胡晉所化的光團撞穿了昭的黑影,露出了黑影之上一條窄窄的裂縫,裂縫很窄,不過幾寸寬,一丈來長,但昭的影子正是從那道裂縫進入了這個世界。此時,地界和人界的界壁仍然存在,然而随着越來越多的昭的影子湧出,裂縫正在被撕扯得越來越大。
時間不多了!
梁杉柏把祝映臺背到背上,用衣帶将他與自己捆到一起,而後吸了口氣,開始奔跑!胡晉燃燒生命形成的光團炸了,天地震動,黑影劇烈波動,許多圓球被炸裂,漫天潑灑下青綠色的黏液,人間就像是下起了一場腐雨,在這雨水之中,樹木枯萎,牲畜死亡,就連河水都腐臭凝滞,死掉的魚大片大片漂浮在發臭的湖面上。

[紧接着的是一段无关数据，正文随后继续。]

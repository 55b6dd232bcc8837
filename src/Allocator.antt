-- ===== src/Allocator.antt =====
-- libgralloc/allocator.h and libgralloc/allocator.cpp (libgralloc-qsd8k holds a copy):
-- `SimpleBestFitAllocator`. The linked list is the list of its nodes in order, and a pointer to a
-- node is its position. `mLock` is held for the whole of each operation, so operations do not
-- interleave. `page` is what `getpagesize()` returns.
pub mod Layout
pub mod Search
pub mod Page
pub mod Carve
pub mod Alloc
pub mod Merge
pub mod Neighbours
pub mod Dealloc
pub mod Grant
pub mod Release
pub mod Undo
pub mod AnyOffset
pub mod History
pub mod Assertions
mod Tests
use hardware_msm7k.Prelude.{
  ℕ, ◌/◌, ◌%◌, ◌^◌, ◌+◌, Bool, true, false, ◌&&◌, ◌||◌, not, Option, none, some, List, [], ◌∷◌,
  ◌++◌, ltb, leb, ◌==◌, if◌then◌else◌, splice, rejoin, length, get_elem?,
}
use hardware_msm7k.Prelude.Int.{ℤ, pos, neg, signed32}
use hardware_msm7k.Prelude.Words.{add32, sub32, mul32, align32, padding32}
use hardware_msm7k.Errno.{Errno}

-- `chunk_t`, in units of `kMemoryAlign`. `size` is a bit field of 28 bits; `free` holds 0 or 1.
pub record Chunk : Type 0 where
  pub start : ℕ
  pub size : ℕ
  pub free : Bool

-- The fields of the class: `mList` and `mHeapSize`.
pub record Allocator : Type 0 where
  pub list : List Chunk
  pub heap_size : ℕ

abbrev pub k_memory_align : ℕ
k_memory_align = 32

abbrev pub size_field : ℕ → ℕ
size_field n = n % 2 ^ 28

-- The constructor `chunk_t(start, size)`.
abbrev pub new_chunk : ℕ → ℕ → Chunk
new_chunk start size = record { start = start; size = size_field size; free = true }

-- A chunk handed out: `free = 0` and `size = size`.
abbrev pub taken : ℕ → ℕ → Chunk
taken start size = record { start = start; size = size_field size; free = false }

-- `SimpleBestFitAllocator()`
abbrev pub empty : Allocator
empty = record { list = []; heap_size = 0 }

-- Units from the chunk's start to the next page boundary.
abbrev pub extra : ℕ → Chunk → ℕ
extra page c = padding32 c.start (page / k_memory_align)

-- `cur->free && (cur->size >= (size+extra))`
abbrev pub fits : ℕ → ℕ → Chunk → Bool
fits page size c = c.free && leb (add32 size (extra page c)) c.size

-- `(!free_chunk) || (cur->size < free_chunk->size)`
abbrev pub is_better : Chunk → Option (ℕ × Chunk) → Bool
is_better c none = true
is_better c (some (i, b)) = ltb c.size b.size

-- The assignment to `free_chunk` at the chunk `cur`, the `i`-th of the list.
abbrev pub choose : ℕ → ℕ → ℕ → Option (ℕ × Chunk) → Chunk → Option (ℕ × Chunk)
choose page size i best cur =
    if fits page size cur && is_better cur best then some (i, cur) else best

-- The first loop of `alloc`: the best chunk so far and its position, from position `i` on.
pub find_best : ℕ → ℕ → ℕ → Option (ℕ × Chunk) → List Chunk → Option (ℕ × Chunk)
find_best page size i best [] = best
find_best page size i best (cur ∷ rest) =
    let best' = choose page size i best cur in
    let later = find_best page size (i + 1) best' rest in
    if fits page size cur && (cur.size == size) then best' else later

-- The chunks that take the place of the chosen one, when it is larger than what is asked for.
pub split_chunk : ℕ → ℕ → Chunk → List Chunk × ℕ
split_chunk page size c =
    let gap = extra page c in
    let start = (if not (gap == 0) then add32 c.start gap else c.start) in
    let front = (if not (gap == 0) then new_chunk c.start gap ∷ [] else []) in
    let tail_free = sub32 c.size (add32 size gap) in
    let back =
      (if ltb 0 tail_free && ltb tail_free (2 ^ 31)
        then new_chunk (add32 start (size_field size)) tail_free ∷ []
        else []) in
    (front ++ (taken start size ∷ back), start)

-- What `alloc` makes of the chosen chunk, and the start of the block handed out.
pub carve : ℕ → ℕ → Chunk → List Chunk × ℕ
unfolding split_chunk
carve page size c =
    if ltb size c.size then split_chunk page size c else (taken c.start size ∷ [], c.start)

-- One round of the merging loop of `dealloc`, at the node `cur` whose predecessors are `left`,
-- nearest first: the new predecessors of the node after `cur`, and the position `freed`.
pub absorb : List Chunk → Chunk → ℕ → List Chunk × ℕ
absorb [] cur freed = (cur ∷ [], freed)
absorb (p ∷ left) cur freed =
    if p.free || (cur.size == 0)
    then (record p { size = size_field (p.size + cur.size) } ∷ left, length left)
    else (cur ∷ p ∷ left, freed)

-- The `do` loop: it goes on to the next node while that is free.
pub merge : List Chunk → Chunk → List Chunk → ℕ → List Chunk × ℕ
unfolding absorb
merge left cur [] freed = let (left', freed') = absorb left cur freed in (rejoin left' [], freed')
merge left cur (n ∷ right) freed =
    let (left', freed') = absorb left cur freed in
    let later = merge left' n right freed' in
    if n.free then later else (rejoin left' (n ∷ right), freed')

-- The outer loop of `dealloc`, at the list `right` behind `left`. `start` is in units. The result
-- is the new list with the position of the chunk returned, or `none` for a null pointer.
pub dealloc_from : List Chunk → List Chunk → ℕ → Option (List Chunk × ℕ)
unfolding merge
dealloc_from left [] start = none
dealloc_from left (cur ∷ right) start =
    let later = dealloc_from (cur ∷ left) right start in
    if cur.start == start
    then some (merge left (record cur { free = true }) right (length left))
    else later

-- `dealloc`
pub dealloc : ℕ → Allocator → Option (Allocator × ℕ)
unfolding dealloc_from
dealloc start a = elim (dealloc_from [] a.list (start / k_memory_align)) [
  | none ↦ none
  | some (chunks, freed) ↦ some (record a { list = chunks }, freed)
]

module _ (e : Errno) where
  open e use {einval, enomem, enoent}

  -- `setSize`
  unfoldable pub set_size : ℕ → ℕ → Allocator → ℤ × Allocator
  set_size page size a =
      let heap = align32 size page in
      if not (a.heap_size == 0) then (neg einval, a) else (
        signed32 size,
        record { list = new_chunk 0 (heap / k_memory_align) ∷ a.list; heap_size = heap },
      )

  -- The end of `alloc`: what it does with the outcome of the search.
  pub commit : ℕ → ℕ → Allocator → Option (ℕ × Chunk) → ℤ × Allocator
  unfolding carve
  commit page units a none = (neg enomem, a)
  commit page units a (some (i, c)) =
      let (chunks, start) = carve page units c in
      (signed32 (mul32 start k_memory_align), record a { list = splice a.list i chunks })

  -- `alloc`
  pub alloc : ℕ → ℕ → Allocator → ℤ × Allocator
  unfolding find_best commit
  alloc page size a =
      let units = sub32 (add32 size k_memory_align) 1 / k_memory_align in
      if size == 0 then (pos 0, a) else commit page units a (find_best page units 0 none a.list)

  -- `allocate`
  unfoldable pub allocate : ℕ → ℕ → Allocator → ℤ × Allocator
  unfolding alloc
  allocate page size a = if a.heap_size == 0 then (neg einval, a) else alloc page size a

  -- `deallocate`
  pub deallocate : ℕ → Allocator → ℤ × Allocator
  deallocate offset a =
      if a.heap_size == 0
      then (neg einval, a)
      else elim (dealloc offset a) [ none ↦ (neg enoent, a) | some (a', freed) ↦ (pos 0, a') ]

胡晉的慷慨赴死終于傷及了昭的影子,可惜的是并不致命,反倒是被擊傷的憤怒使得昭更為劇烈地反撲起來,伴随着電閃雷鳴般的轟鳴,黑影源源不絕地湧出,那道天上的裂縫正在以肉眼可見的速度變得越來越大!一些稀奇古怪的生物開始從裂縫那頭試圖往外鑽,它們有的像鳥,有的像豺狼,這還是人類能夠認得的部分,但是只占少數,更多的生物則只能讓人聯想到猙獰恐怖四個字,具體到底是什麽,恐怕就是當世的文豪都難以形容。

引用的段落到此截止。